*What is being asked*.
Search the entries below for the word "fill" and copy every line where it appears.

^^^^

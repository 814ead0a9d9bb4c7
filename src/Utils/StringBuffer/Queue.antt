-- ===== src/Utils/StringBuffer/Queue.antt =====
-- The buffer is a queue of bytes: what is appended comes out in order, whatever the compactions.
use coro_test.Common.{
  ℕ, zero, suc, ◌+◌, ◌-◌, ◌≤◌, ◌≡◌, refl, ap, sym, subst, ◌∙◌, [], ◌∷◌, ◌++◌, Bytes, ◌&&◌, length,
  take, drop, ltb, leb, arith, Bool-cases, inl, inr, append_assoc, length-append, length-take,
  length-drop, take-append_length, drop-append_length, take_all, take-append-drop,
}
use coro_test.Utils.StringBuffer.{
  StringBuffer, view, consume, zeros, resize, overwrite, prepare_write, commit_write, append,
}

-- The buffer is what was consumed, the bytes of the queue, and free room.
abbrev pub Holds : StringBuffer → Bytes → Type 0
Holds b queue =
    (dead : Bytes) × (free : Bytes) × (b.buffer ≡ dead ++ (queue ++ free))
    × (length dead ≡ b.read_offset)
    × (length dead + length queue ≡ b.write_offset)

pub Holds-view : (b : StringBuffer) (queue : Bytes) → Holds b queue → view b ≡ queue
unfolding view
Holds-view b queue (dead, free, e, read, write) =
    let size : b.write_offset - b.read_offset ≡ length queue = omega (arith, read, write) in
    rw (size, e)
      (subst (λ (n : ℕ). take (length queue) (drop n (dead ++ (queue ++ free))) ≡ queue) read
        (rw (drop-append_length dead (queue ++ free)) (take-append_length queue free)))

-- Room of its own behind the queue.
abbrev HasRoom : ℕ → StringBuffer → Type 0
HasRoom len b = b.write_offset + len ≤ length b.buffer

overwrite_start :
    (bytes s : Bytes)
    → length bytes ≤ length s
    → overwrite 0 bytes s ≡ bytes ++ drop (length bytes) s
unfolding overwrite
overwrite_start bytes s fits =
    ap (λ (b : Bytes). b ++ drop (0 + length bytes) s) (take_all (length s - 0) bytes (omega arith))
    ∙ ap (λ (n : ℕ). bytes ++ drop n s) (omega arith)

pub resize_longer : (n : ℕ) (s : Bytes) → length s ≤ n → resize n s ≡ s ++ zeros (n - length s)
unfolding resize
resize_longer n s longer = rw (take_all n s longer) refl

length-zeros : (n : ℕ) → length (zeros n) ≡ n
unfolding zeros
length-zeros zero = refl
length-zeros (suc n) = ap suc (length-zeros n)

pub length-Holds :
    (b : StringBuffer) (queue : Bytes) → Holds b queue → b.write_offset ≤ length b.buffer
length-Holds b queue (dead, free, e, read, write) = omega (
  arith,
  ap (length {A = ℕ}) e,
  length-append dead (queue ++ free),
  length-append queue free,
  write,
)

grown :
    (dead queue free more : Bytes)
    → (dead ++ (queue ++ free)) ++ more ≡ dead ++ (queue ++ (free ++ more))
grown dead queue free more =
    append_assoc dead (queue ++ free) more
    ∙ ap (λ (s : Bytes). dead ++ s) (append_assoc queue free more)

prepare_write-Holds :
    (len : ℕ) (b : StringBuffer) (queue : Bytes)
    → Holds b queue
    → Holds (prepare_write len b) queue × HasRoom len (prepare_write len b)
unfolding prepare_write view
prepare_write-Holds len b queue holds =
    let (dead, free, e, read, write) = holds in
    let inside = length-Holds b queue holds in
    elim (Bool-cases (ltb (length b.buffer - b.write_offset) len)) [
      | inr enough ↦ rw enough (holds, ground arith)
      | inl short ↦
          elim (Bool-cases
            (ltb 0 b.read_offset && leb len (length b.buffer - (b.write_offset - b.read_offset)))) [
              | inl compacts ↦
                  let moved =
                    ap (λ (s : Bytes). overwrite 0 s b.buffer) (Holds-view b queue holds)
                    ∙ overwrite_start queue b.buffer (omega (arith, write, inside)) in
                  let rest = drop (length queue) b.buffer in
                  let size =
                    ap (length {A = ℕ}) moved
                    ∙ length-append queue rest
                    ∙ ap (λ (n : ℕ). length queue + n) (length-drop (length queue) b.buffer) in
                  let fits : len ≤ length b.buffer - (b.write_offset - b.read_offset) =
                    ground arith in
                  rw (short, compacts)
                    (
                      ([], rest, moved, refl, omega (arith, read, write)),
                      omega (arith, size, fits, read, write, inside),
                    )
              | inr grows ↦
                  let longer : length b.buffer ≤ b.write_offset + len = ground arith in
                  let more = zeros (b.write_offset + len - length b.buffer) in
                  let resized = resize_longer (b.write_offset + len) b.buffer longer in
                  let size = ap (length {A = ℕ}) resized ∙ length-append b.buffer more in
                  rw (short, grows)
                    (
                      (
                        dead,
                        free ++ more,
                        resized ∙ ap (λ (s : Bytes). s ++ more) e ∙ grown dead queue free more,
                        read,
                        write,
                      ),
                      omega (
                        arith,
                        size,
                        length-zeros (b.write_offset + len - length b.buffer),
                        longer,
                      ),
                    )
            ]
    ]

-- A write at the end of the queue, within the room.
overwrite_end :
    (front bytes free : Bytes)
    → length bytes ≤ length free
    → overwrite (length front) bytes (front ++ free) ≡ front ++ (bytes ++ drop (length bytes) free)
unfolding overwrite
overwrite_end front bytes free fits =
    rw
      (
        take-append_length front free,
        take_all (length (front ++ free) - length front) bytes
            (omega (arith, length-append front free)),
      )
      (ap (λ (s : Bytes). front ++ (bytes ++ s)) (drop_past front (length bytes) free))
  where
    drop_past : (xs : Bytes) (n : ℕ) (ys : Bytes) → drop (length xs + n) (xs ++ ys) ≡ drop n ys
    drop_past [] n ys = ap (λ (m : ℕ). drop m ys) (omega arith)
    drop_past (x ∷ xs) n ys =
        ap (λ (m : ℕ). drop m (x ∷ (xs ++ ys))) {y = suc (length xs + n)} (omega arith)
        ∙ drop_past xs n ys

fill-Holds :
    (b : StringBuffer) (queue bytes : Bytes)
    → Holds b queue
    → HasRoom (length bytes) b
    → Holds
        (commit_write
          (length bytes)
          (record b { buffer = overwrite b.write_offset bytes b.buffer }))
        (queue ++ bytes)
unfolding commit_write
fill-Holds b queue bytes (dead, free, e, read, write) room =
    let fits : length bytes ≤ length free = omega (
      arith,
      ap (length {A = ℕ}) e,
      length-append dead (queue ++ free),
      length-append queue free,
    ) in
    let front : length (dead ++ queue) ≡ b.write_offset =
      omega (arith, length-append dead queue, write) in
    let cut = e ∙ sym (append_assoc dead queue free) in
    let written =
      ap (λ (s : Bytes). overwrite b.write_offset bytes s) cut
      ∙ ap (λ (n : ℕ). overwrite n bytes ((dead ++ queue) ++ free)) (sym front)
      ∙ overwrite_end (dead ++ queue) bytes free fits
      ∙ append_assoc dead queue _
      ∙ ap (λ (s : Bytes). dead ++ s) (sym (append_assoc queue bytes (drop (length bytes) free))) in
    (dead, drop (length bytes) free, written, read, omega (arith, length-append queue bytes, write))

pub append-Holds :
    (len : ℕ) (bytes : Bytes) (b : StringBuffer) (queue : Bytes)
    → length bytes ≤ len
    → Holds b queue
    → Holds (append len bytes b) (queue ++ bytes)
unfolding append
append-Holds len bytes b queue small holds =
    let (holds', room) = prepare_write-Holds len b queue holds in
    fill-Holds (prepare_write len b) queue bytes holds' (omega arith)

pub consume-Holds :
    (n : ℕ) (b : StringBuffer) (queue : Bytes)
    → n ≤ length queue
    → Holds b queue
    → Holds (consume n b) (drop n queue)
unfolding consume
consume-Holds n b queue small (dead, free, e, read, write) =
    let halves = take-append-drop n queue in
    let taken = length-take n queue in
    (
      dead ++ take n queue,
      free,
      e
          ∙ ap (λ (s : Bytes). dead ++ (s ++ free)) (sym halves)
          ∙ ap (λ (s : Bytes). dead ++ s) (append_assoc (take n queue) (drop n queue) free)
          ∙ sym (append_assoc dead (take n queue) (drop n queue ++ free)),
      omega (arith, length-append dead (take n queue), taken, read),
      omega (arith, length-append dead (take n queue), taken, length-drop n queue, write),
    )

^^^^

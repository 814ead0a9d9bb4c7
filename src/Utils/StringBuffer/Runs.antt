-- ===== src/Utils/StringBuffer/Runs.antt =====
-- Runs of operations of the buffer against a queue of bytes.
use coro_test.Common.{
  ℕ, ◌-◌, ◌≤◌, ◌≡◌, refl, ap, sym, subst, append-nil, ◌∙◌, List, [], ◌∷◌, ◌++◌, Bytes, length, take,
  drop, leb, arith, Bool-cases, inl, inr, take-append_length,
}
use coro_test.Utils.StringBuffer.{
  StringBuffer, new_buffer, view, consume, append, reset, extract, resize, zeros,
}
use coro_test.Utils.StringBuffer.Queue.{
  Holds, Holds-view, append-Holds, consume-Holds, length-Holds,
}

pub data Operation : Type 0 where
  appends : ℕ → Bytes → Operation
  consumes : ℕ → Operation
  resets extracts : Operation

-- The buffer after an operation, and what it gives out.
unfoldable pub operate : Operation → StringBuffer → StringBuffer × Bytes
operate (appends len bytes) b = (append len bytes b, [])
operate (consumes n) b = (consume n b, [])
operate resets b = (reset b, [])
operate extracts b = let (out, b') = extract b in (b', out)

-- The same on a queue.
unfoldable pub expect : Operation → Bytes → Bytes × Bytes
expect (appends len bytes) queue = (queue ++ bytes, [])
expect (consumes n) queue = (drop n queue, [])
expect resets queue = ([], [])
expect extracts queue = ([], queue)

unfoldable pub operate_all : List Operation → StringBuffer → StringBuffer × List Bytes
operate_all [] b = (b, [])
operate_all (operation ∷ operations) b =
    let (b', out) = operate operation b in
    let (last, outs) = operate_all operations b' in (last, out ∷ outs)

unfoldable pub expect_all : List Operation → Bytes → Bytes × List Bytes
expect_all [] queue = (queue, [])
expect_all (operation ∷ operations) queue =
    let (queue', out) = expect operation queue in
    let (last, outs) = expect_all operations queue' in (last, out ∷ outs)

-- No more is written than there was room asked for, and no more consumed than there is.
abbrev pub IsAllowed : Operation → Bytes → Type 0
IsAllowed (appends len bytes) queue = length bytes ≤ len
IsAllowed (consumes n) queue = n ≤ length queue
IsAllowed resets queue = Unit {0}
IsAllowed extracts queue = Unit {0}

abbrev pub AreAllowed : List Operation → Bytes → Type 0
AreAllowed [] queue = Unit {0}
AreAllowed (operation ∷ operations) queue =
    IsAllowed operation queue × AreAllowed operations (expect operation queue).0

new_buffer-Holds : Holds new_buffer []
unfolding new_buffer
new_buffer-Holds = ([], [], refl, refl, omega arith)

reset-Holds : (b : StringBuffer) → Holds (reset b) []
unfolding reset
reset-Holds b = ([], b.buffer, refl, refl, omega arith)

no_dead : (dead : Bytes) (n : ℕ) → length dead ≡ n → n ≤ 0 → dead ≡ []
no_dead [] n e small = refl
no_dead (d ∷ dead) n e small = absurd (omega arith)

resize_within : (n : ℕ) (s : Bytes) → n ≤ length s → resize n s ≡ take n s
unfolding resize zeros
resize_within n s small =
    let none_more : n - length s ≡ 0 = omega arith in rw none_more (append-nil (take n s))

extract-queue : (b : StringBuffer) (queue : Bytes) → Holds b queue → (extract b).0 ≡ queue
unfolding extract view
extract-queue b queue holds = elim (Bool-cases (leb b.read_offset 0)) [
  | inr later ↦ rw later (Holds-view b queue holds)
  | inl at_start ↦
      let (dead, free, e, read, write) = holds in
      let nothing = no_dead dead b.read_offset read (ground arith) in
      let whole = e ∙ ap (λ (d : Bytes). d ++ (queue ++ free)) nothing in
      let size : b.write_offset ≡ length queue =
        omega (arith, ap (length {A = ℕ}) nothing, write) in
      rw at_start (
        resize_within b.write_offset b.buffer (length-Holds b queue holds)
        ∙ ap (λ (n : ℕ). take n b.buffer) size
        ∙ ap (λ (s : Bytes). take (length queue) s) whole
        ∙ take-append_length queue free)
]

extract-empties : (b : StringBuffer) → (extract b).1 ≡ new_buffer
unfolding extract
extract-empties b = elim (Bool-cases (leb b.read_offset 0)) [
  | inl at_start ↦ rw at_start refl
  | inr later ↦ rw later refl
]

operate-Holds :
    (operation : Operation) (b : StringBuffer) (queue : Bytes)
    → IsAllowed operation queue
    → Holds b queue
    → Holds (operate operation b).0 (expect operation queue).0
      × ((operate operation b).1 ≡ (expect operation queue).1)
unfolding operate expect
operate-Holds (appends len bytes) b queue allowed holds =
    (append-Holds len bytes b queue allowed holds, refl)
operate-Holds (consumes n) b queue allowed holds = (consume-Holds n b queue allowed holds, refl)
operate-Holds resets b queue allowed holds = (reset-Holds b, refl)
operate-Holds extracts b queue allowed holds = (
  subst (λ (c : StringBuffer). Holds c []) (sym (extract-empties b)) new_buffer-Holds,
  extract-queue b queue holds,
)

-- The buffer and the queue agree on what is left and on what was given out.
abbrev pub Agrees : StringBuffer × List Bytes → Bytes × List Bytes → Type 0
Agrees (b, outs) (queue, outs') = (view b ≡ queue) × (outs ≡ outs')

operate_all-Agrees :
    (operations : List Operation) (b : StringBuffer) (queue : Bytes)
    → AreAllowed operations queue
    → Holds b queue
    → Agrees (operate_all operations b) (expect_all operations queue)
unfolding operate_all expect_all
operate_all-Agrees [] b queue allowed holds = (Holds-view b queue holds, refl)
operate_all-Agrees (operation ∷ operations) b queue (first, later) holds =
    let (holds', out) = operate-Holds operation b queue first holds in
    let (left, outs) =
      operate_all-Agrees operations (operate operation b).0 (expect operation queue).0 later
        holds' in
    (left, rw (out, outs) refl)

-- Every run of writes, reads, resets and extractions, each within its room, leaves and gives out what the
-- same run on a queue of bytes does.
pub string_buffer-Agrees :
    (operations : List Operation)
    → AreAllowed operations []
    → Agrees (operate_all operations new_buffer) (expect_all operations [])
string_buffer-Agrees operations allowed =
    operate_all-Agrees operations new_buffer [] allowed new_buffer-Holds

^^^^

*Result*.
fill-Holds :
fill-Holds b queue bytes (dead, free, e, read, write) room =
    fill-Holds (prepare_write len b) queue bytes holds' (omega arith)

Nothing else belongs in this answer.